Results and discussion
We successfully developed 18 L. minor and 16 S. polyrhiza microsatellite primers (Table 1 and Table 2) which were tested on samples of duckweeds from Europe or Western Pennsylvania (USA). Some markers were more successful than others (Table 1 and Table 2). All markers amplified in some samples; of these, all 18 L. minor primers and 12 of the 16 S. polyrhiza primers amplified polymorphic loci, having more than one allele. Moreover, these polymorphic loci differed in product length and can be used in multiplex reactions to increase efficiency and lower genotyping costs. We also found that some loci were much more polymorphic than others. For L. minor, these included loci amplified by primers LmR.5.C, LmR.8.B, LmR.15.A, LmR.15.B, LmR.15.C and LmR.26.B, some of which showed high allele richness even when tested on only 28 samples (Table 1). For S. polyrhiza these included loci amplified by primers Sp.1467, Sp.7286, Sp.7814, and Sp.Pso31 (Table 2). Monomorphic loci may still be useful in different duckweed populations (Chapuis & Estoup, 2007). Many microsatellite loci also showed heterogeneity (Supplemental Tables S1 and S2), which helps make the primers more informative to distinguish genotypes. We note that some primers developed in one continent were not tested on samples from the other continent (see caption in Supplemental Tables S1 and S2); we suspect these primers will work across continents given patterns observed in the others, but this remains to be tested.

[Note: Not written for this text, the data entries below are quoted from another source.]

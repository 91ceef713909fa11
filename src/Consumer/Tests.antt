-- ===== src/Consumer/Tests.antt =====
-- Runs of the worker loop over a queue that takes every call and a lock store in memory.
use framework_module_resizer.Prelude.{
  ℕ, suc, ◌+◌, ◌≤◌, String, true, false, Option, none, some, [], ◌≡◌, ◌⊎◌, refl, arith, min, ◌*◌,
}
use framework_module_resizer.Types.{ClaimedTask}
use framework_module_resizer.Database.{done}
use framework_module_resizer.Locks.{Lock, lock_for, put, owned, Same}
use framework_module_resizer.Locks.Memory.{memory, memory-IsLockStore, memory-IsReliable}
use framework_module_resizer.Keys.{gate_key}
use framework_module_resizer.Consumer.{
  TaskQueue, QueueTiming, TaskCoordination, GateLock, TaskError, Texts, World, completed, resolved,
  rejected, gate, finish, end_task, give_back, after_claim, run_task, backoff_ms, hold_until,
  heartbeats, claim_error_wait,
}
use framework_module_resizer.Consumer.Gate.{
  HeldFor, hold_end, finish-holds_gate, end_task-frees_gate, give_back-only_extends,
}
use framework_module_resizer.Consumer.Foreign.{after_claim-keeps_foreign}
use framework_module_resizer.Consumer.Events.{OneMore, run_task-OneMore}
use framework_module_resizer.Consumer.Waits.{backoff-doubles, claim_error_wait-bounds}

abbrev Docs : Type 0
Docs = String → Option Lock

abbrev calls : TaskQueue ℕ
calls = record {
  gates_by_task = false;
  claim = λ now q. (done none, q);
  renew = λ task ms now q. (done true, suc q);
  complete = λ task now q. (done true, suc q);
  fail_dead = λ task error cooldown now q. (done true, suc q);
  fail_retry = λ task at error q. (done true, suc q);
  release = none;
}

abbrev timing : QueueTiming
timing = record {
  lease_ms = 60;
  idle_poll_ms = 5;
  max_attempts = 3;
  backoff_base = 10;
  backoff_max = 100;
}

abbrev coordination : Option (TaskCoordination Docs)
coordination = some record { cooldown_ms = 600; gate_ttl_ms = 300; locks = some memory }

abbrev task : ClaimedTask
task = record {
  task_id = "t";
  resizer = "r";
  queue = "q";
  media_id = "m";
  pipeline = "p";
  previews = [];
  attempts = 1;
  token = "tok";
  gate_owner = some "ann";
}

abbrev encode : String → String
encode s = s

abbrev g : GateLock Docs
g = record {
  locks = memory;
  key = gate_key encode "r" "q" "m" "p";
  owner = "ann";
  gate_ttl_ms = 300;
}

abbrev texts : Texts
texts = record {
  timeout = "late";
  too_many_attempts = "many";
  not_accepted = "no";
  shutdown = "stop";
}

abbrev clock : ℕ → ℕ
clock i = 1000

abbrev start : World ℕ Docs
start = record { queue = 0; locks = λ k. none; events = [] }

abbrev boom : TaskError
boom = record { text = "boom"; is_resize_error = false; retryable = true }

finish-holds_gate_example :
    (hold_end (λ l. l) encode calls timing texts clock task coordination g 0 false boom ≤ 1000)
    ⊎ HeldFor
        (λ l. l)
        g
        (hold_end (λ l. l) encode calls timing texts clock task coordination g 0 false boom)
        (finish encode calls timing texts clock task coordination 0 false boom start).locks
unfolding gate finish hold_until
finish-holds_gate_example =
    finish-holds_gate (λ l. l) encode calls timing texts clock task coordination g 0 false boom
      start memory-IsLockStore memory-IsReliable (λ j k le. omega arith) refl refl (λ e. cc)

end_task-frees_gate_example :
    owned "ann" (
      (end_task encode calls timing texts clock task coordination 0 false resolved start).locks
        g.key)
    ≡ false
unfolding gate end_task
end_task-frees_gate_example =
    end_task-frees_gate (λ l. l) encode calls timing texts clock task coordination g 0 false start
      memory-IsLockStore memory-IsReliable refl (λ e. cc)

give_back-only_extends_example :
    Same start.locks
      (give_back encode calls timing texts clock task coordination 0 "stop" start).locks
unfolding gate
give_back-only_extends_example =
    give_back-only_extends (λ l. l) encode calls timing texts clock task coordination g 0 "stop"
      start memory-IsLockStore refl refl

abbrev taken_over : World ℕ Docs
taken_over = record start { locks = put g.key (some (lock_for "bob" 2000)) start.locks }

after_claim-keeps_foreign_example :
    (after_claim encode calls timing texts clock task coordination true false 2 8 false
        (rejected boom)
        taken_over).locks
      g.key
    ≡ some (lock_for "bob" 2000)
unfolding gate_key
after_claim-keeps_foreign_example =
    after_claim-keeps_foreign (λ l. l) g.key "bob" 2000 clock encode calls timing texts task
      coordination true false 2 8 false (rejected boom) taken_over memory-IsLockStore refl
      (λ i. omega arith) refl

run_task-OneMore_example :
    OneMore task
      (some completed)
      []
      (run_task encode calls timing texts clock task coordination 0 8 false resolved start).events
unfolding heartbeats
run_task-OneMore_example =
    run_task-OneMore encode calls timing texts clock task coordination 0 8 false resolved start

backoff-doubles_example :
    (backoff_ms 1 timing ≡ min 100 10)
    × (backoff_ms (3 + 2) timing ≡ min 100 (2 * backoff_ms (3 + 1) timing))
    × (backoff_ms 3 timing ≤ 100)
    × (backoff_ms 3 timing ≤ backoff_ms (3 + 1) timing)
backoff-doubles_example = backoff-doubles timing 3

claim_error_wait-bounds_example :
    (5 ≤ claim_error_wait timing 2)
    × (claim_error_wait timing 2 ≤ 10 * 5)
    × (claim_error_wait timing 2 ≤ claim_error_wait timing (2 + 1))
    × (claim_error_wait timing (2 + 5) ≡ 10 * 5)
claim_error_wait-bounds_example = claim_error_wait-bounds timing 2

Comparing between species, we saw that S. polyrhiza has lower allelic and genotypic richness across most primers, although we also tested fewer samples of this species. This is consistent with our own recent large-scale sampling (Hobble et al. In preparation) as well as other studies using different genotyping methods, that similarly found low genetic diversity in S. polyrhiza (Bog et al., 2015; Feng et al., 2017; Xu et al., 2015). It has been hypothesized that this low genetic variation in S. polyrhiza is due to its low mutation rate (Xu et al., 2019). In addition, primers differed greatly in average observed heterozygosity, but species had similar mean heterozygosities (0.256 for L. minor and 0.283 for S. polyrhiza). Given that our sampling was designed to find unique genotypes (shallow and widespread) and not characterize populations, we limit our discussion of population genetic indices. The primers we developed can help researchers address various ecological and evolutionary questions as well as better identify and catalogue genotypes for the expanding applied uses of duckweed in bioremediation, biofuel production and as a forage crop.
Supplemental data
Supplemental Table S1: Lemna minor sample collection sites and allele lengths. Supplemental Table S2: Spirodela polyrhiza sample collection sites and allele lengths.
Acknowledgements
We thank Walter Lämmler for sharing duckweed lineages from the Landolt Duckweed Collection. We are grateful to the former Levine Plant Ecology Group at ETH Zurich and the Turcotte Lab for their assistance in maintaining collections. We thank ETH Zurich Genetic Diversity Center and Mary Janecka for help troubleshooting primer development. M.M.T. was supported by the ETH Zurich Center for Adaptation to Changing Environments and now by an NSF grant DEB-1935410.
Author contributions
All authors contributed to testing, optimizing, and evaluating marker data, and contributed to reviewing the manuscript. JEK and MMT wrote the initial draft of the manuscript.
Conflict of interest statement
The authors have no conflicts of interest to report.